--- START ---
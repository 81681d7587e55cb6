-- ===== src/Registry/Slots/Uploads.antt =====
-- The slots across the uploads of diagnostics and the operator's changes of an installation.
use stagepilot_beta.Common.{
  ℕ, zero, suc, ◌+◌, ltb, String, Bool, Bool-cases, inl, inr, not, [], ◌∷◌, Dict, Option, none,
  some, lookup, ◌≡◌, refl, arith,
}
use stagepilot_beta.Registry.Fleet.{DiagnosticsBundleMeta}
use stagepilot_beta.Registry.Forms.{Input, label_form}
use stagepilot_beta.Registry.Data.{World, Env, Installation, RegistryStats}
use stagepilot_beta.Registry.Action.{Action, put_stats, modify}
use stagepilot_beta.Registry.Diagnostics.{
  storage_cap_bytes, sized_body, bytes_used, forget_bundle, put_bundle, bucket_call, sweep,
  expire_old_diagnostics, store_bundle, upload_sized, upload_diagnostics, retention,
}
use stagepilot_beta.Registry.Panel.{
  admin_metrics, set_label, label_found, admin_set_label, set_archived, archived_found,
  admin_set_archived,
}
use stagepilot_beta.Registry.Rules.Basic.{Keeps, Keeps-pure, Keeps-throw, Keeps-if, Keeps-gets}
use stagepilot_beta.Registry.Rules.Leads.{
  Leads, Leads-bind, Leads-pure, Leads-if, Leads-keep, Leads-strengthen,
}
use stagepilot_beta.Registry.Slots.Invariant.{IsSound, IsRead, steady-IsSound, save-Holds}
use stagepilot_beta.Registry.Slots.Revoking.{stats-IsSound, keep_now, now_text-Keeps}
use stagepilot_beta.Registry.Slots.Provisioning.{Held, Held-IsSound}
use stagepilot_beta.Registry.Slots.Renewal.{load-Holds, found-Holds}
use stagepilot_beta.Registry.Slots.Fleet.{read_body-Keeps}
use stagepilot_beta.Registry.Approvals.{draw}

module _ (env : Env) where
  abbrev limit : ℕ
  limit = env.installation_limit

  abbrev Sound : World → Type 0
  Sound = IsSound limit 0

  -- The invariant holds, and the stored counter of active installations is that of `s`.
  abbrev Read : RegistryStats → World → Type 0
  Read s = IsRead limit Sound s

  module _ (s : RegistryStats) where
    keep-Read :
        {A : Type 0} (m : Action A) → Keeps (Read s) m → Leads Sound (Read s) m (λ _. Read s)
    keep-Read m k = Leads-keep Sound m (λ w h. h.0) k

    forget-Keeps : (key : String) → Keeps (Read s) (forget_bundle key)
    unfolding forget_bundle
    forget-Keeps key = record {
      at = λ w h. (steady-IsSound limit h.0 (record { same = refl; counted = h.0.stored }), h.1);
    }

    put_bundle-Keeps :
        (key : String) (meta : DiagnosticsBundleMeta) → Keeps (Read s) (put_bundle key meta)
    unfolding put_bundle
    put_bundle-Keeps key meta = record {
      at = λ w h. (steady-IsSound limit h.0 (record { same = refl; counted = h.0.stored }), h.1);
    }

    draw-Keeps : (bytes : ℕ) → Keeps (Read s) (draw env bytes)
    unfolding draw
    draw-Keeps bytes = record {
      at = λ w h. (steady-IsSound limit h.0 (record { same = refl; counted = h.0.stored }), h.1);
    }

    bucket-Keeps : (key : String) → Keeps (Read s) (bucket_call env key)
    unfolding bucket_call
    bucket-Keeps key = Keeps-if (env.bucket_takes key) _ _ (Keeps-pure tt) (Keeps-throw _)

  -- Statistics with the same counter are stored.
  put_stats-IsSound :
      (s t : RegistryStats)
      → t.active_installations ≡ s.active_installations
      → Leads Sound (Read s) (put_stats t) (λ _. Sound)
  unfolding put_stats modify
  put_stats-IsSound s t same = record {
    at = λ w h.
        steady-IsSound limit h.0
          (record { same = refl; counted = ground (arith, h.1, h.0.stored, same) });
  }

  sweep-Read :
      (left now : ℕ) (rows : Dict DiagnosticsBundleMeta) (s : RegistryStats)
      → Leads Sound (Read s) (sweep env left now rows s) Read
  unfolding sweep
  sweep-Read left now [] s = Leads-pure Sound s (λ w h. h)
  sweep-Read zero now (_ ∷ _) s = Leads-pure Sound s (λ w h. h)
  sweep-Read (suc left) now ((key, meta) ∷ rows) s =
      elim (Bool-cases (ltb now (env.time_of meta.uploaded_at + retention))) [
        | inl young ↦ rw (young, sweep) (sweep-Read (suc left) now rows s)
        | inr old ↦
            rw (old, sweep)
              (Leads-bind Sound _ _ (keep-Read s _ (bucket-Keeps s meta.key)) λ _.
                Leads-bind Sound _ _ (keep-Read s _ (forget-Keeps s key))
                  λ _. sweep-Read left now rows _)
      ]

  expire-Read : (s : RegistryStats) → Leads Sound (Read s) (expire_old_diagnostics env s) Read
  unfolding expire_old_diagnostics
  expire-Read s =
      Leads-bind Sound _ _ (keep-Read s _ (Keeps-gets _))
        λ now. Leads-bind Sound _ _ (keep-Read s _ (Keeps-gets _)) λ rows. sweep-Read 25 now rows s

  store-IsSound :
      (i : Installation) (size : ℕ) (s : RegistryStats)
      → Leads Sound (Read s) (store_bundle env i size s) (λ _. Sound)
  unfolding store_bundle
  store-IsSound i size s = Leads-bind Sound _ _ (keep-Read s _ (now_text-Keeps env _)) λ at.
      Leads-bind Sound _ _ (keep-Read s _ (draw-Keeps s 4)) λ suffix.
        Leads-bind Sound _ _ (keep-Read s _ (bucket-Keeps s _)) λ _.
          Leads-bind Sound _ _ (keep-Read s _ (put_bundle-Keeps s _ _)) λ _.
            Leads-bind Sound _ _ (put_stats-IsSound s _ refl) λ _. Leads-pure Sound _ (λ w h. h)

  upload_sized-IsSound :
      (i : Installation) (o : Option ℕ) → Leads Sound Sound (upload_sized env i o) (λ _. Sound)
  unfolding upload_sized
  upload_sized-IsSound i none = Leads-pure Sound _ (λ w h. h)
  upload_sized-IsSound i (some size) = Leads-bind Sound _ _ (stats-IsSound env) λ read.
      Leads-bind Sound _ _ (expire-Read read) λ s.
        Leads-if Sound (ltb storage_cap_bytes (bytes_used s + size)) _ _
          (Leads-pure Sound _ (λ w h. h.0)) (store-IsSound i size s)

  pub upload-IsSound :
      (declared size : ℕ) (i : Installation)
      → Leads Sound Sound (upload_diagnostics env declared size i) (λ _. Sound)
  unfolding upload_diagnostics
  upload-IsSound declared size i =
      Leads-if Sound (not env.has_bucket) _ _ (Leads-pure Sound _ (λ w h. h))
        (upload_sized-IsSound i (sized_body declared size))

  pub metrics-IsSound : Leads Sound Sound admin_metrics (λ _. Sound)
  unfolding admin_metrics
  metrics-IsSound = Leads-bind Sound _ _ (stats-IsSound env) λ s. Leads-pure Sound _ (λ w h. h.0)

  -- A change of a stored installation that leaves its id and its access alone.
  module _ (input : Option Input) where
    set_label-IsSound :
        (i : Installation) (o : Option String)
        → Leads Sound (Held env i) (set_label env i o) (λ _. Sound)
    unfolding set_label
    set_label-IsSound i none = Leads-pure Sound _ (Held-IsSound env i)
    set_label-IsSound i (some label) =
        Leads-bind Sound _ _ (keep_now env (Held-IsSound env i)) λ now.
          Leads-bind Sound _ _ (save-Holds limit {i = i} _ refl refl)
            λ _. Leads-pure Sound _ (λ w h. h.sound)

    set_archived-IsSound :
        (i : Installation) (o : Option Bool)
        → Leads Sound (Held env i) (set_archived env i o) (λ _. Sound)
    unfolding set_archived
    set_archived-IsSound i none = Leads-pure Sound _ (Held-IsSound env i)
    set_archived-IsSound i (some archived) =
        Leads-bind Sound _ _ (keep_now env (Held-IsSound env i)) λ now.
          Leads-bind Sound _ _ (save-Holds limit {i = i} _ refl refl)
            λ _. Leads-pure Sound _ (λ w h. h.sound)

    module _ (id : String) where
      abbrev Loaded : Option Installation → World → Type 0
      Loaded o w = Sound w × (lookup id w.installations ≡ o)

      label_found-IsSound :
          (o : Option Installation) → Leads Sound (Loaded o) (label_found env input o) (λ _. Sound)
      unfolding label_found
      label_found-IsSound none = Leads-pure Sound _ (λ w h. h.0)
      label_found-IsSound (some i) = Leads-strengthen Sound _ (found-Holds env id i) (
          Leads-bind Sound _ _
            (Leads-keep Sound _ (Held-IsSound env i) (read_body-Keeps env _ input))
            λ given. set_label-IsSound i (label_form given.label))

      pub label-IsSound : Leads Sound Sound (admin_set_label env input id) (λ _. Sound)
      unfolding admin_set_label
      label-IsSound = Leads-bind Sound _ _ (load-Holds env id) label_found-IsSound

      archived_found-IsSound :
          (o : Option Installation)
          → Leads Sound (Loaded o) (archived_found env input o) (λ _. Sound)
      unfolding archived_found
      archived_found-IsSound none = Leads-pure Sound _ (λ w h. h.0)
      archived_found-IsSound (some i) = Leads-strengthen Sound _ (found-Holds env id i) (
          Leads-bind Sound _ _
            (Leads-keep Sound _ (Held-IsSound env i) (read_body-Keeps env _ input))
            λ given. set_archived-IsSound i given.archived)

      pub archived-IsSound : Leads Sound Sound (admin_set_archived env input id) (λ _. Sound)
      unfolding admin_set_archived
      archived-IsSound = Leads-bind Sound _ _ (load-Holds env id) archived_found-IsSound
--- END ---
--- START ---
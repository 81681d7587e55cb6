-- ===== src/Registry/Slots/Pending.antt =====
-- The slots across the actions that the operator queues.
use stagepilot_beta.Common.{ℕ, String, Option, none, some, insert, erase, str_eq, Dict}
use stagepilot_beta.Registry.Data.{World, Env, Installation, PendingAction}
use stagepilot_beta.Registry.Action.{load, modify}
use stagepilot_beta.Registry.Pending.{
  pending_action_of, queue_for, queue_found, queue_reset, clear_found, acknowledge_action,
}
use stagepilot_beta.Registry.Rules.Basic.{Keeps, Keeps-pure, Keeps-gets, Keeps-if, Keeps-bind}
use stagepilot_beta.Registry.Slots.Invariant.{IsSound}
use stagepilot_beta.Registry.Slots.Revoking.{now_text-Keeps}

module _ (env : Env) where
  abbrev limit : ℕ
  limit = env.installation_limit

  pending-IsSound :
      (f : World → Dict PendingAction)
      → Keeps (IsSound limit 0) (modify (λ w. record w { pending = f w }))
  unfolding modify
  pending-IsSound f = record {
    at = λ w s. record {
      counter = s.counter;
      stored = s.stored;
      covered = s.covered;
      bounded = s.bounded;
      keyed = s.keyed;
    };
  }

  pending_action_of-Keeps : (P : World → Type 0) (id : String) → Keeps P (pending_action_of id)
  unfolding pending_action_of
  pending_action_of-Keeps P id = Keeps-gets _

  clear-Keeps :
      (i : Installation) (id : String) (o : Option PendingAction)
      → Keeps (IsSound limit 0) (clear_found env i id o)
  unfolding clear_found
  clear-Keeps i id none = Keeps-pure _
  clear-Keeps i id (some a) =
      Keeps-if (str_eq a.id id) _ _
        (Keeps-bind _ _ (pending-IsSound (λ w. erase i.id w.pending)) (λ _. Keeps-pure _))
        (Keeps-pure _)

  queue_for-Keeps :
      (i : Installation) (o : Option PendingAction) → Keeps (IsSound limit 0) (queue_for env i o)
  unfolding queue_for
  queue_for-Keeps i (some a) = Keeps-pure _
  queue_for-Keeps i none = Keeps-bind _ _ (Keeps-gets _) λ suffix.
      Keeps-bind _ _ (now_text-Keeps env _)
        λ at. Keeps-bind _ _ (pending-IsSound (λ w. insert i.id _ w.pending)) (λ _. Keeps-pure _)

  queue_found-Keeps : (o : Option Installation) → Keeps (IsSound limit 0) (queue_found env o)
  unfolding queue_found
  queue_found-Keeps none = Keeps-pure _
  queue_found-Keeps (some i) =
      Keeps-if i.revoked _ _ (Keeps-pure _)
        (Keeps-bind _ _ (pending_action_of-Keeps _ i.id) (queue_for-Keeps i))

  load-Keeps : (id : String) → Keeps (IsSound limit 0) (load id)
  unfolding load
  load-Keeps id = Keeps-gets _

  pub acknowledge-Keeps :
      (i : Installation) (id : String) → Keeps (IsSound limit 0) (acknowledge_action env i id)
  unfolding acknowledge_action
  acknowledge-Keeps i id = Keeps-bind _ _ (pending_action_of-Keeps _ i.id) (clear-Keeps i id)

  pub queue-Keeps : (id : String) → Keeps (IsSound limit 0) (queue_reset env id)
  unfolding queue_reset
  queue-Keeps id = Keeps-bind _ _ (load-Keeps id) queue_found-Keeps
--- END ---
--- START ---
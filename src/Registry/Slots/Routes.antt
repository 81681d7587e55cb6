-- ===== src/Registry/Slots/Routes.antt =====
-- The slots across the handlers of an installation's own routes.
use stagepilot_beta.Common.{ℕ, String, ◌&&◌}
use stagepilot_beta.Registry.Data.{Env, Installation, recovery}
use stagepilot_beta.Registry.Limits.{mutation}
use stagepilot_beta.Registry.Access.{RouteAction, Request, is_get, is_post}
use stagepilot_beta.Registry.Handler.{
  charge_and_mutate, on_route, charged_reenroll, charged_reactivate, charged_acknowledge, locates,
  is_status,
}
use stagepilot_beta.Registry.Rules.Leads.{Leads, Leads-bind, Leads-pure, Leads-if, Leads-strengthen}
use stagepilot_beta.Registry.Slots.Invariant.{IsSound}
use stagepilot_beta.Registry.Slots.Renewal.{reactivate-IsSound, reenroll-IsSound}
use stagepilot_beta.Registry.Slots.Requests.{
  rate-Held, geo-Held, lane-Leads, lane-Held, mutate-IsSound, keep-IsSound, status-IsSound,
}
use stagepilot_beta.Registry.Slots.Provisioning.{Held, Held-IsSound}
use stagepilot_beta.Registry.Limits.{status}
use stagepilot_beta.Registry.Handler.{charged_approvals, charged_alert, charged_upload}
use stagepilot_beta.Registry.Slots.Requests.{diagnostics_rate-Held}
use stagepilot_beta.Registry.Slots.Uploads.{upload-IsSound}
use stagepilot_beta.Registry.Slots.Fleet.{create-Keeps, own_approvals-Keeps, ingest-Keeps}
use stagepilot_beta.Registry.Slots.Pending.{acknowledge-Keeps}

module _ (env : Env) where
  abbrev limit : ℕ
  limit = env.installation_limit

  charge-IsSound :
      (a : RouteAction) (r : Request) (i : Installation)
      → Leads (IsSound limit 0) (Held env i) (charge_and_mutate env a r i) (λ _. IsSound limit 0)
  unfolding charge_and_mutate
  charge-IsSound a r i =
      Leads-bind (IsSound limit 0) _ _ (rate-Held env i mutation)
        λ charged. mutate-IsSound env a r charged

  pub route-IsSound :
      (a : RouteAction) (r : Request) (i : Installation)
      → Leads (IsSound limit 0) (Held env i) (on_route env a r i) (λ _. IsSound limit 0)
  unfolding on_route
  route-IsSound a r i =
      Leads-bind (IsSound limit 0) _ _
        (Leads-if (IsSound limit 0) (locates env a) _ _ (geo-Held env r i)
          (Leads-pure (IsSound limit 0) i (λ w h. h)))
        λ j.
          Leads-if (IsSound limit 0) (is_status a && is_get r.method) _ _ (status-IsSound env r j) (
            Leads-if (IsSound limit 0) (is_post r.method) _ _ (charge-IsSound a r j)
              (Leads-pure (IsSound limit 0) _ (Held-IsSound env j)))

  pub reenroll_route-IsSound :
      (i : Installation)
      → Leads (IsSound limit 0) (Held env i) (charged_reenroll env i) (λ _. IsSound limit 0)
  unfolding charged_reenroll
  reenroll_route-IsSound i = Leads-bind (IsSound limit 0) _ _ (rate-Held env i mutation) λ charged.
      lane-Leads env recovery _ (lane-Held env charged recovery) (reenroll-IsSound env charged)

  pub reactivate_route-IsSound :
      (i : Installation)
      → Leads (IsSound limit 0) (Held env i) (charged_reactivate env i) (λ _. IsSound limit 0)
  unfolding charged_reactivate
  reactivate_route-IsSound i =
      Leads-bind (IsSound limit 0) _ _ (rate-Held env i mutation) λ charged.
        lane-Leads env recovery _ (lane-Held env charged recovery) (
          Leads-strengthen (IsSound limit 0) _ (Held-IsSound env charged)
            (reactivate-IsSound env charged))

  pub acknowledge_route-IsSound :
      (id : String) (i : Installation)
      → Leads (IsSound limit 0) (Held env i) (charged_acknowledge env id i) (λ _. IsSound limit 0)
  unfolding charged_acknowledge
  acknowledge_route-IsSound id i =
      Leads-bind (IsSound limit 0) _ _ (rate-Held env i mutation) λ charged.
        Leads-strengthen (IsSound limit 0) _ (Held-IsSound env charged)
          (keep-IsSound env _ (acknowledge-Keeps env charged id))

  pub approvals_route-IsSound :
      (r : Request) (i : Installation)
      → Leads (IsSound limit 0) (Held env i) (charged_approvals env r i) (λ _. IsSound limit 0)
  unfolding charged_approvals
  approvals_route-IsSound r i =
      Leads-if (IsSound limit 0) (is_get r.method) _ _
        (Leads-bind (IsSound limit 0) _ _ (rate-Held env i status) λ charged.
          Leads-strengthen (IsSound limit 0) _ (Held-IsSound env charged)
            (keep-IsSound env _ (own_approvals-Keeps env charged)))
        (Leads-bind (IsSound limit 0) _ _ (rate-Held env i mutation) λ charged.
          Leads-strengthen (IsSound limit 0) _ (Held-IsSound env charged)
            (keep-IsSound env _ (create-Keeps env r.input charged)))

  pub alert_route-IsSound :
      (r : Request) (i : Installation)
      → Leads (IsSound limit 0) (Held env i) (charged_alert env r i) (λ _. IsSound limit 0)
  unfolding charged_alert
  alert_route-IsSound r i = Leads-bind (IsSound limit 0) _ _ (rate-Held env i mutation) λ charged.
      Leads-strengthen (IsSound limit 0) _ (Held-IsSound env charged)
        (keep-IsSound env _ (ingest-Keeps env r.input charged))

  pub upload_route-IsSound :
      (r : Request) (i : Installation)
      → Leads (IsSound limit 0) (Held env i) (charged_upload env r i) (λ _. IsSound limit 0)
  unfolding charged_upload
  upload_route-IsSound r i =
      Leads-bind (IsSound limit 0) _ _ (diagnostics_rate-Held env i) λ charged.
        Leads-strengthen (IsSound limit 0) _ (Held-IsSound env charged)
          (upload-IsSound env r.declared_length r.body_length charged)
--- END ---
Exercise requirements —
Write out exactly the lines above from the line with "unfolding queue_found" through the line with "queue-Keeps id = Keeps-bind", both of them included, and leave out all other lines.

Exercise answer —
  unfolding queue_found
  queue_found-Keeps none = Keeps-pure _
  queue_found-Keeps (some i) =
      Keeps-if i.revoked _ _ (Keeps-pure _)
        (Keeps-bind _ _ (pending_action_of-Keeps _ i.id) (queue_for-Keeps i))

  load-Keeps : (id : String) → Keeps (IsSound limit 0) (load id)
  unfolding load
  load-Keeps id = Keeps-gets _

  pub acknowledge-Keeps :
      (i : Installation) (id : String) → Keeps (IsSound limit 0) (acknowledge_action env i id)
  unfolding acknowledge_action
  acknowledge-Keeps i id = Keeps-bind _ _ (pending_action_of-Keeps _ i.id) (clear-Keeps i id)

  pub queue-Keeps : (id : String) → Keeps (IsSound limit 0) (queue_reset env id)
  unfolding queue_reset
  queue-Keeps id = Keeps-bind _ _ (load-Keeps id) queue_found-Keeps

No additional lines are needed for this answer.